## [WHAT THE TASK REQUIRES]
All lines in the data below carrying the string "ParsedHeader" are to be located and copied.

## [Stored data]
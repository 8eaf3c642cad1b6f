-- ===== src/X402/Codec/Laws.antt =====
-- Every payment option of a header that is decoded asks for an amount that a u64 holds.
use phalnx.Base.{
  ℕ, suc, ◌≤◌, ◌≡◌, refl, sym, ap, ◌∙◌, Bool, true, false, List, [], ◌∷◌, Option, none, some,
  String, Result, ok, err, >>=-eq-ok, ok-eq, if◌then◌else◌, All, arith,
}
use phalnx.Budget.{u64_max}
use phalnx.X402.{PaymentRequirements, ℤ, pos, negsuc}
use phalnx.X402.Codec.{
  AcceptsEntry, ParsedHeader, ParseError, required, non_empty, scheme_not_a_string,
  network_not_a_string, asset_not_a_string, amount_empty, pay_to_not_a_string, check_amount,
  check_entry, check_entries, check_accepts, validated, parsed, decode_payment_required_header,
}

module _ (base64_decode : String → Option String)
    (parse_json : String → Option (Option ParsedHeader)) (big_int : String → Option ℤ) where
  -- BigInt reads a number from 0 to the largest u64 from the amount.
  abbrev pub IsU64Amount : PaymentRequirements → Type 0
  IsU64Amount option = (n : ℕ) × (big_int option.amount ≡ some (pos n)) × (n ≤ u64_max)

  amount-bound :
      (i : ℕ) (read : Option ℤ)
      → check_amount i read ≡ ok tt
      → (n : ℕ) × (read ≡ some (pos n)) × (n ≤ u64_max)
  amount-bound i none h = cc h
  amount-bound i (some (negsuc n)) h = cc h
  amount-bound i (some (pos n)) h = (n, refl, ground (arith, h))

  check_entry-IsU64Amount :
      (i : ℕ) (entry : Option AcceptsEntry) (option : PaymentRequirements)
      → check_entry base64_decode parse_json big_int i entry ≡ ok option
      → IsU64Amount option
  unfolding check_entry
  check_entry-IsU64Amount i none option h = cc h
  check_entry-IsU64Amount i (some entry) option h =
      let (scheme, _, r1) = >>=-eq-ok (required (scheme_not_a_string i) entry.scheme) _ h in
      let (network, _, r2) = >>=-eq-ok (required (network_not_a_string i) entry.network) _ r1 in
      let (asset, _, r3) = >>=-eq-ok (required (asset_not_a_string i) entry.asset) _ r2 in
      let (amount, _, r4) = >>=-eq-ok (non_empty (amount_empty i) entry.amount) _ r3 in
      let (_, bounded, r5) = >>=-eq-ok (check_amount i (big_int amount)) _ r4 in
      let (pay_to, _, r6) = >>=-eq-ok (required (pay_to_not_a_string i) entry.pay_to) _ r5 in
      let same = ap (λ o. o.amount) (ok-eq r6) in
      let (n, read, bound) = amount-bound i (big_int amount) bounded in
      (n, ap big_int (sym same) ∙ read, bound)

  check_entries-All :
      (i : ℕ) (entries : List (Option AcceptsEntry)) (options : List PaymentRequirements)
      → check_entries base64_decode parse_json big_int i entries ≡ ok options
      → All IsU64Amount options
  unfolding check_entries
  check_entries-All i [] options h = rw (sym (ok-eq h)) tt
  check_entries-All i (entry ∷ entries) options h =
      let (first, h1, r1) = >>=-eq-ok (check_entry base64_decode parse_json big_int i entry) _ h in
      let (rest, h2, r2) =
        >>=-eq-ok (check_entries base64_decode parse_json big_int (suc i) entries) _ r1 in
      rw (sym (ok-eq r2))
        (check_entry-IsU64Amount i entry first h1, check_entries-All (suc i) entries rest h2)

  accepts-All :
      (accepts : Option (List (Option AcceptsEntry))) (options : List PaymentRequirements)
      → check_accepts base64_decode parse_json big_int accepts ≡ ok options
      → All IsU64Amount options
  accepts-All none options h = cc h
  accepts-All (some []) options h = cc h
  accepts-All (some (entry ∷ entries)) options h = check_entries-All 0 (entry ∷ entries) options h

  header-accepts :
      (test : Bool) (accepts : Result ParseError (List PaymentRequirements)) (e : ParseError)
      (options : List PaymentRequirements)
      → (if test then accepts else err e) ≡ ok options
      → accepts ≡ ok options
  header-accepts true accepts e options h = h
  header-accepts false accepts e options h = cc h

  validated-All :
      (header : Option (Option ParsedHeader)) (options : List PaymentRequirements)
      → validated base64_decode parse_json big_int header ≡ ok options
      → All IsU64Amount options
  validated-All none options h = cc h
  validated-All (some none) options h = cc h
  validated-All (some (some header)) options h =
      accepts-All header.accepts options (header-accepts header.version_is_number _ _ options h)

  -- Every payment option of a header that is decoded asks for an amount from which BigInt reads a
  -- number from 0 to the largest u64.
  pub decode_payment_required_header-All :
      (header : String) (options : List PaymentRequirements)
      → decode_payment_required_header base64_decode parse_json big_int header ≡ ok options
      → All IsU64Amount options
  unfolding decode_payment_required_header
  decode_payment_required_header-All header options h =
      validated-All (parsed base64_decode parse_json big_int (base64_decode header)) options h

## [ANSWER SECTION]
  AcceptsEntry, ParsedHeader, ParseError, required, non_empty, scheme_not_a_string,
    (parse_json : String → Option (Option ParsedHeader)) (big_int : String → Option ℤ) where
      (header : Option (Option ParsedHeader)) (options : List PaymentRequirements)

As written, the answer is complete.